Il était possible qu'elle n'arrive pas jusqu'à Naples, ni même en Campanie où elle gardait le souvenir de sa sœur et de Caius Fabrice domiciliés à Capoue. Inutile d'espérer l'aide de sa sœur puisque Helvidia et son mari, certainement informés de ce qui s'était produit à Rome, ne pourraient absolument pas lui pardonner.
Néanmoins, elle était disposée à partir, pleine de confiance en Dieu. Au moment opportun, Jésus saurait bénir ses pas les guidant vers le bon chemin. Dans la complexité de ses méditations, elle se rappelait sans cesse les paroles de son grand-père le jour du sacrifice de Cirus et de Nestor, attendant que les messagers du Seigneur ou les âmes des êtres chers reviennent de la tombe pour guider leur cœur dans le dédale des anxiétés angoissantes.
Craignant des complications, la jeune fille ne sortit jamais de l'humble quartier du Trastevere où elle avait été accueillie, jusqu'à ce qu'un jour, aux premières clartés de l'aube elle dit adieu à ses amis les larmes aux yeux.

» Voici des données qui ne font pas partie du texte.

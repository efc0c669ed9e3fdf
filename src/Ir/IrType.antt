-- ===== src/Ir/IrType.antt =====
-- The value types of crates/plc-ir/src/value.rs.
use my_soft_plc.Prelude.{ℕ, Bool, true, false, Option, List, [], ◌∷◌}
use my_soft_plc.Ir.Table.{lookup_u8}

pub data IrType : Type 0 where
  bool int dint real time lint : IrType

pub IrType-discrete : Discrete IrType
IrType-discrete = hlevel

-- The discriminants, `ty as u8`.
unfoldable pub to_u8 : IrType → ℕ
to_u8 bool = 0
to_u8 int = 1
to_u8 dint = 2
to_u8 real = 3
to_u8 time = 4
to_u8 lint = 5

abbrev tags : List (ℕ × IrType)
tags = (0, bool) ∷ (1, int) ∷ (2, dint) ∷ (3, real) ∷ (4, time) ∷ (5, lint) ∷ []

unfoldable pub from_u8 : ℕ → Option IrType
from_u8 v = lookup_u8 v tags

unfoldable pub is_numeric : IrType → Bool
is_numeric bool = false
is_numeric _ = true

unfoldable pub is_integral : IrType → Bool
is_integral real = false
is_integral _ = true

unfoldable pub byte_width : IrType → ℕ
byte_width bool = 1
byte_width int = 2
byte_width dint = 4
byte_width real = 4
byte_width time = 4
byte_width lint = 8

-- `==` on the types.
abbrev pub type_eq : IrType → IrType → Bool
type_eq bool bool = true
type_eq int int = true
type_eq dint dint = true
type_eq real real = true
type_eq time time = true
type_eq lint lint = true
type_eq _ _ = false
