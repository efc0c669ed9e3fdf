-- ===== src/Ir/Module.antt =====
-- The module of crates/plc-ir/src/module.rs. A name is the list of its bytes.
use my_soft_plc.Prelude.{ℕ, Bool, List}

abbrev pub ir_major_supported : ℕ
ir_major_supported = 0

pub record EntryPoint : Type 0 where
  pub name : List ℕ
  pub pc : ℕ  -- u32
  pub is_user_fb : Bool

pub record IrModule : Type 0 where
  pub ir_major : ℕ  -- u16
  pub ir_minor : ℕ  -- u16
  pub const_size : ℕ  -- u32, as the sizes and the slots below
  pub data_size : ℕ
  pub retain_size : ℕ
  pub input_slots : ℕ
  pub output_slots : ℕ
  pub entries : List EntryPoint
  pub const_data : List ℕ
  pub code : List ℕ
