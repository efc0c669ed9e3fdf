-- ===== src/Ir/Spbc.antt =====
-- The container of crates/plc-ir/src/spbc.rs. A text is the list of its bytes, and
-- `str::from_utf8` a test on them. The texts of the errors are left out.
pub mod Offsets
pub mod RoundTrip
pub mod Bounds
use my_soft_plc.Prelude.{
  ℕ, zero, suc, ◌+◌, ◌-◌, ◌/◌, ◌%◌, ◌^◌, Bool, true, false, ◌&&◌, ◌||◌, not, Option, none, some,
  List, [], ◌∷◌, ◌++◌, Result, ok, err, ◌>>=◌, ◌>>◌, reject_if, leb, ltb, length, get_or, ◌==◌,
  if◌then◌else◌,
}
use my_soft_plc.Types.Ascii.{bytes}
use my_soft_plc.Ir.Table.{bytes_eq}
use my_soft_plc.Ir.Bytes.{to_le_bytes, from_le_bytes, slice}
use my_soft_plc.Ir.Module.{IrModule, EntryPoint}

pub data SpbcError : Type 0 where
  short_header bad_magic truncated_table truncated_entry not_utf8 truncated_code long_name :
      SpbcError

-- What the next bytes of a UTF-8 text are to be: how many continue the character, and the range of
-- the first of them.
pub record Expected : Type 0 where
  pub left : ℕ
  pub least : ℕ
  pub most : ℕ

abbrev expect : ℕ → ℕ → ℕ → Option Expected
expect left least most = some (record { left = left; least = least; most = most })

abbrev between : ℕ → ℕ → ℕ → Bool
between lo hi b = leb lo b && leb b hi

-- The first byte of a character.
unfoldable utf8_first : ℕ → Option Expected
utf8_first b =
    if leb b 0x7f
    then expect 0 0x80 0xbf
    else if between 0xc2 0xdf b
    then expect 1 0x80 0xbf
    else if b == 0xe0
    then expect 2 0xa0 0xbf
    else if b == 0xed
    then expect 2 0x80 0x9f
    else if between 0xe1 0xef b
    then expect 2 0x80 0xbf
    else if b == 0xf0
    then expect 3 0x90 0xbf
    else if between 0xf1 0xf3 b
    then expect 3 0x80 0xbf
    else if b == 0xf4
    then expect 3 0x80 0x8f
    else none

unfoldable utf8_next : ℕ → ℕ → ℕ → ℕ → Option Expected
unfolding utf8_first
utf8_next zero least most b = utf8_first b
utf8_next (suc left) least most b = if between least most b then expect left 0x80 0xbf else none

unfoldable utf8_from : Option Expected → List ℕ → Bool
unfolding utf8_next
utf8_from none bs = false
utf8_from (some e) [] = e.left == 0
utf8_from (some e) (b ∷ bs) = utf8_from (utf8_next e.left e.least e.most b) bs

-- `str::from_utf8(bytes).is_ok()`.
unfoldable pub is_utf8 : List ℕ → Bool
unfolding utf8_from
is_utf8 bs = utf8_from (expect 0 0x80 0xbf) bs

abbrev pub starts_with : List ℕ → List ℕ → Bool
starts_with [] text = true
starts_with (p ∷ prefix) [] = false
starts_with (p ∷ prefix) (c ∷ text) = p == c && starts_with prefix text

unfoldable pub is_user_fb_name : List ℕ → Bool
is_user_fb_name name = starts_with (bytes "fb.") name || starts_with (bytes "FB.") name

abbrev pub magic : List ℕ
magic = bytes "SPBC"

abbrev pub read_u16 : List ℕ → ℕ → ℕ
read_u16 bs off = from_le_bytes (slice bs off 2)

abbrev pub read_u32 : List ℕ → ℕ → ℕ
read_u32 bs off = from_le_bytes (slice bs off 4)

-- The body of the loop: the entry at `off`, and the offset after it.
unfoldable pub parse_entry : List ℕ → ℕ → Result (EntryPoint × ℕ) SpbcError
unfolding is_utf8 is_user_fb_name
parse_entry bs off = do
  reject_if (leb (length bs) off) truncated_table
  let name_len = get_or bs off 0
  reject_if (ltb (length bs) (off + 1 + name_len + 4)) truncated_entry
  let name = slice bs (off + 1) name_len
  reject_if (not (is_utf8 name)) not_utf8
  ok (
    record {
      name = name;
      pc = read_u32 bs (off + 1 + name_len);
      is_user_fb = is_user_fb_name name;
    },
    off + 1 + name_len + 4,
  )

unfoldable pub parse_entries : ℕ → List ℕ → ℕ → Result (List EntryPoint × ℕ) SpbcError
parse_entries zero bs off = ok ([], off)
parse_entries (suc n) bs off = do
  (e, next) ← parse_entry bs off
  (rest, end) ← parse_entries n bs next
  ok (e ∷ rest, end)

-- What follows the table of the entries.
unfoldable pub parse_body : List ℕ → List EntryPoint → ℕ → Result IrModule SpbcError
parse_body bs entries off = do
  let code_size = read_u32 bs 8
  let const_size = read_u32 bs 12
  reject_if (ltb (length bs) (off + const_size + code_size)) truncated_code
  ok record {
    ir_major = read_u16 bs 4;
    ir_minor = read_u16 bs 6;
    const_size = const_size;
    data_size = read_u32 bs 16;
    retain_size = read_u32 bs 20;
    input_slots = read_u32 bs 24;
    output_slots = read_u32 bs 28;
    entries = entries;
    const_data = slice bs off const_size;
    code = slice bs (off + const_size) code_size;
  }

unfoldable pub parse_spbc : List ℕ → Result IrModule SpbcError
parse_spbc bs = do
  reject_if (ltb (length bs) 36) short_header
  reject_if (not (bytes_eq (slice bs 0 4) magic)) bad_magic
  reject_if (ltb ((length bs - 36) / 5) (read_u32 bs 32)) truncated_table
  (entries, off) ← parse_entries (read_u32 bs 32) bs 36
  parse_body bs entries off

unfoldable pub write_entries : List EntryPoint → Result (List ℕ) SpbcError
write_entries [] = ok []
write_entries (e ∷ rest) = do
  reject_if (ltb 255 (length e.name)) long_name
  more ← write_entries rest
  ok (length e.name % 2 ^ 8 ∷ (e.name ++ (to_le_bytes 4 e.pc ++ more)))

-- The bytes, field after field.
unfoldable pub write_spbc : IrModule → Result (List ℕ) SpbcError
write_spbc m = do
  table ← write_entries m.entries
  ok (
      magic
      ++ (to_le_bytes 2 m.ir_major
          ++ (to_le_bytes 2 m.ir_minor
              ++ (to_le_bytes 4 (length m.code % 2 ^ 32)
                  ++ (to_le_bytes 4 (length m.const_data % 2 ^ 32)
                      ++ (to_le_bytes 4 m.data_size
                          ++ (to_le_bytes 4 m.retain_size
                              ++ (to_le_bytes 4 m.input_slots
                                  ++ (to_le_bytes 4 m.output_slots
                                      ++ (to_le_bytes 4 (length m.entries % 2 ^ 32)
                                          ++ (table ++ (m.const_data ++ m.code))))))))))))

La voiture de Junin avait été préparée la veille, de sorte que leur départ eut lieu à l'aube. Orphilia et Horace étaient également émus, mais obéissant à l'impératif des épreuves sur terre, Célia se blottit dans le véhicule fabriqué conformément aux diligences de l'époque, où elle rangea son sac de vêtements et une importante provision d'aliments qu'Orphilia n'avait pas oublié de préparer pour le petit avec amour.
Après de tendres étreintes et des vœux de bonne chance, quelques instants plus tard sous le froid intense du matin, Junin faisait claquer le petit fouet sur le dos des animaux traversant les voies publiques.
Célia priait Jésus de fortifier son esprit angoissé en lui donnant le courage d'affronter les routes tortueuses de la vie... En quittant Rome, les yeux remplis de larmes, sentant son cœur flagellé par les souvenirs impitoyables, son profond martyre lui sembla plus intense. Regardant, cependant, le bébé presque endormi dans ses bras, elle ressentait une force irrésistible qui la soutiendrait dans tous les sacrifices.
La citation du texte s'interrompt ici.